EXERCISE GOAL: Search the material for the string "continue" and copy each line where it occurs.

*** DATA FOR THE TASK ***

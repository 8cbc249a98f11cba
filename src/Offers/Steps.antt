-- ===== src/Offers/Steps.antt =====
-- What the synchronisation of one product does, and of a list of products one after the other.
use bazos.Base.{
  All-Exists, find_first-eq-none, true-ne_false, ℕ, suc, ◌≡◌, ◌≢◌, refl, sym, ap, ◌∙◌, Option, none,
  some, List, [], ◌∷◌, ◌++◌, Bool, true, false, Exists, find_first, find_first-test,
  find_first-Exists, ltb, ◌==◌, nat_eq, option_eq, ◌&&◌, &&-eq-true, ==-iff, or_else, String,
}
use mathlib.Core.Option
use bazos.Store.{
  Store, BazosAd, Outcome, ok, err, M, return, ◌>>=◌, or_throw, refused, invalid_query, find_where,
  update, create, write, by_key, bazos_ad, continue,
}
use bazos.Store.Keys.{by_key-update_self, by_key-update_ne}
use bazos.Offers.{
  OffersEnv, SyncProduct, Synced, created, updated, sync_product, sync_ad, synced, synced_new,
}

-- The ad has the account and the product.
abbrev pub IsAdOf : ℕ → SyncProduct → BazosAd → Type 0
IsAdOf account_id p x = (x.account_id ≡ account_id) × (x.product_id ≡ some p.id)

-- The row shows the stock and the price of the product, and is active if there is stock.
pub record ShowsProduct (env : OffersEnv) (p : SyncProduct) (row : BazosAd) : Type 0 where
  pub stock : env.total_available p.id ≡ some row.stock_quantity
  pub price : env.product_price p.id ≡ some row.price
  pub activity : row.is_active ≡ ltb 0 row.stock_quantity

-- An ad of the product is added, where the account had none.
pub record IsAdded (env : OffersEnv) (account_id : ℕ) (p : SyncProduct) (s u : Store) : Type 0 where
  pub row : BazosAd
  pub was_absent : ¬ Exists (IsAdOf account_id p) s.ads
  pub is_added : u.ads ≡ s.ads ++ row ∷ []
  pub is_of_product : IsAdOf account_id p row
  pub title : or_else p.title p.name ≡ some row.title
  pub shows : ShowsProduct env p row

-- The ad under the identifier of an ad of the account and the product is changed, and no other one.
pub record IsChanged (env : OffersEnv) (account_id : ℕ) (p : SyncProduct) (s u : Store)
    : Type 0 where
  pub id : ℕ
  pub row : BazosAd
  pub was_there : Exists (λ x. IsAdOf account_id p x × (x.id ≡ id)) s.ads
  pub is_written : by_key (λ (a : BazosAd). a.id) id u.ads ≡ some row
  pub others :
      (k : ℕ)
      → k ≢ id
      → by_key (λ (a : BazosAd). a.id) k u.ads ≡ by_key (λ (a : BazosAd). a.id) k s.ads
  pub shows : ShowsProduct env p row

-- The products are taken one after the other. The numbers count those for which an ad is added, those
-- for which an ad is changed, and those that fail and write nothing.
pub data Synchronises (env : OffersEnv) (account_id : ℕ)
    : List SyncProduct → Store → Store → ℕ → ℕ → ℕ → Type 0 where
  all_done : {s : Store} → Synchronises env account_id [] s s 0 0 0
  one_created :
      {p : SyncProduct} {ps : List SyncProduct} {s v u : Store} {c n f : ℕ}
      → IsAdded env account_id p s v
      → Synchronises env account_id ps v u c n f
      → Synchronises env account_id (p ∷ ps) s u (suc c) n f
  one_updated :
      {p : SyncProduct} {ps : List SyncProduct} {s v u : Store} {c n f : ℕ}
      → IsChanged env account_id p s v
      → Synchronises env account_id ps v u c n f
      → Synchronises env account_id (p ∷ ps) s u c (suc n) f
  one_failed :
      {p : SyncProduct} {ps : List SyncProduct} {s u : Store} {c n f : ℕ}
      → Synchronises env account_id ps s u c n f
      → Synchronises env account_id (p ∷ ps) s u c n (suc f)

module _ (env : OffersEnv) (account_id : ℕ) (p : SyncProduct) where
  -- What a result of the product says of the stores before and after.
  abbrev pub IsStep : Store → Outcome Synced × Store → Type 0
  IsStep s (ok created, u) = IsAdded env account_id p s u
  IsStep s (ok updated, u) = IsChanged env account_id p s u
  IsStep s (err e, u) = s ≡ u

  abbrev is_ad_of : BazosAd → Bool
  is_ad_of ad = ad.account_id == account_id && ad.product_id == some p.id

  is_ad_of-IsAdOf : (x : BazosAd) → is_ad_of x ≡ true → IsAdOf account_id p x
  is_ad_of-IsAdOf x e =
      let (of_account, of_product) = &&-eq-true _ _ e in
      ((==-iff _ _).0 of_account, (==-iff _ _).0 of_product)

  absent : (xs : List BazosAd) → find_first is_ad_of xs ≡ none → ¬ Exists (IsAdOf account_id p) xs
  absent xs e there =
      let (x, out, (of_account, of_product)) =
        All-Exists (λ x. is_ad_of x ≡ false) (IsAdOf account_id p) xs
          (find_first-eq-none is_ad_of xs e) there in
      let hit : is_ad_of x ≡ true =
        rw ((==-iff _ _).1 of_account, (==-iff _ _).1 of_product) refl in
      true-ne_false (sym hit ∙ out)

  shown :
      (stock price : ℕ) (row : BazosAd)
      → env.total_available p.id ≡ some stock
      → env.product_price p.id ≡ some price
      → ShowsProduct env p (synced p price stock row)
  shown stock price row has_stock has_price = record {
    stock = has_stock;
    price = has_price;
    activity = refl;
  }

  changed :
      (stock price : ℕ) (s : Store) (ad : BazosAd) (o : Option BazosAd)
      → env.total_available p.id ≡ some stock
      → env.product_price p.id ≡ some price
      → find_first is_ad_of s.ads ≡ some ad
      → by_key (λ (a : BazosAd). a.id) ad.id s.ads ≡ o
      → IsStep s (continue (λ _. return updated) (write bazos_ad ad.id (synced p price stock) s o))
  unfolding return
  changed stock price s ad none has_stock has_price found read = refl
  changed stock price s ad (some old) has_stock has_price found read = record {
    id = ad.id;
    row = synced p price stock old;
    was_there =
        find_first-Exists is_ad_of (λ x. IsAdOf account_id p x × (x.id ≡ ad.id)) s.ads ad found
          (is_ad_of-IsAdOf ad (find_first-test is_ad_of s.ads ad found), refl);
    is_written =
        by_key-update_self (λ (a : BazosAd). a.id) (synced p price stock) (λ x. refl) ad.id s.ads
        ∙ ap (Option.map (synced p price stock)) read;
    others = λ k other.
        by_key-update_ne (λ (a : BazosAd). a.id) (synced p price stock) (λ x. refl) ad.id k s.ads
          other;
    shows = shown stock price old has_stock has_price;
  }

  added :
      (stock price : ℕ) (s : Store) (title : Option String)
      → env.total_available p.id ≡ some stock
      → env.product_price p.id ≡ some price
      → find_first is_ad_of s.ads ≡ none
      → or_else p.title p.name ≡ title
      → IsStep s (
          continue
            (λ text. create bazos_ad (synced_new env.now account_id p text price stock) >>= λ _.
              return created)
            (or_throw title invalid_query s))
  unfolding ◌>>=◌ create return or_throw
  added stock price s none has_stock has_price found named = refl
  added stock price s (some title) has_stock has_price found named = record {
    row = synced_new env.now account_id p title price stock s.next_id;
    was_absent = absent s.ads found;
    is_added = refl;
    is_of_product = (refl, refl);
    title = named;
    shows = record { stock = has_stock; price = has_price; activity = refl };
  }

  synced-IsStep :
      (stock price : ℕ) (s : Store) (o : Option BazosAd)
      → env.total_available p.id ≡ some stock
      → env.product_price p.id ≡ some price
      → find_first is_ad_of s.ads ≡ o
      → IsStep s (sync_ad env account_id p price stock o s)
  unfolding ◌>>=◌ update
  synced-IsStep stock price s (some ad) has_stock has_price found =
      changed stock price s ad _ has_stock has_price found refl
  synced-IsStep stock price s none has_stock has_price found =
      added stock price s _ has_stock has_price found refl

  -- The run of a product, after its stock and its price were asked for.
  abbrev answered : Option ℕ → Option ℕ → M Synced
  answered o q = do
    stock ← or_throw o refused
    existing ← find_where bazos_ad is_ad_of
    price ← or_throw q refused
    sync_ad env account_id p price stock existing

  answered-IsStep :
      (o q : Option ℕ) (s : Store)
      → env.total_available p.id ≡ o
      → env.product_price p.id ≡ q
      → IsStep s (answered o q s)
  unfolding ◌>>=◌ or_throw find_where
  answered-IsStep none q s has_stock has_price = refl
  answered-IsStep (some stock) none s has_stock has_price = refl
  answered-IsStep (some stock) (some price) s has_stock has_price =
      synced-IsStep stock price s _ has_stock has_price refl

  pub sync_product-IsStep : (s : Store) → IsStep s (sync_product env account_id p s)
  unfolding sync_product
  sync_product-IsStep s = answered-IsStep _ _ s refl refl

*** End of DATA FOR THE TASK ***

ANSWER SECTION:
  update, create, write, by_key, bazos_ad, continue,
      → IsStep s (continue (λ _. return updated) (write bazos_ad ad.id (synced p price stock) s o))
          continue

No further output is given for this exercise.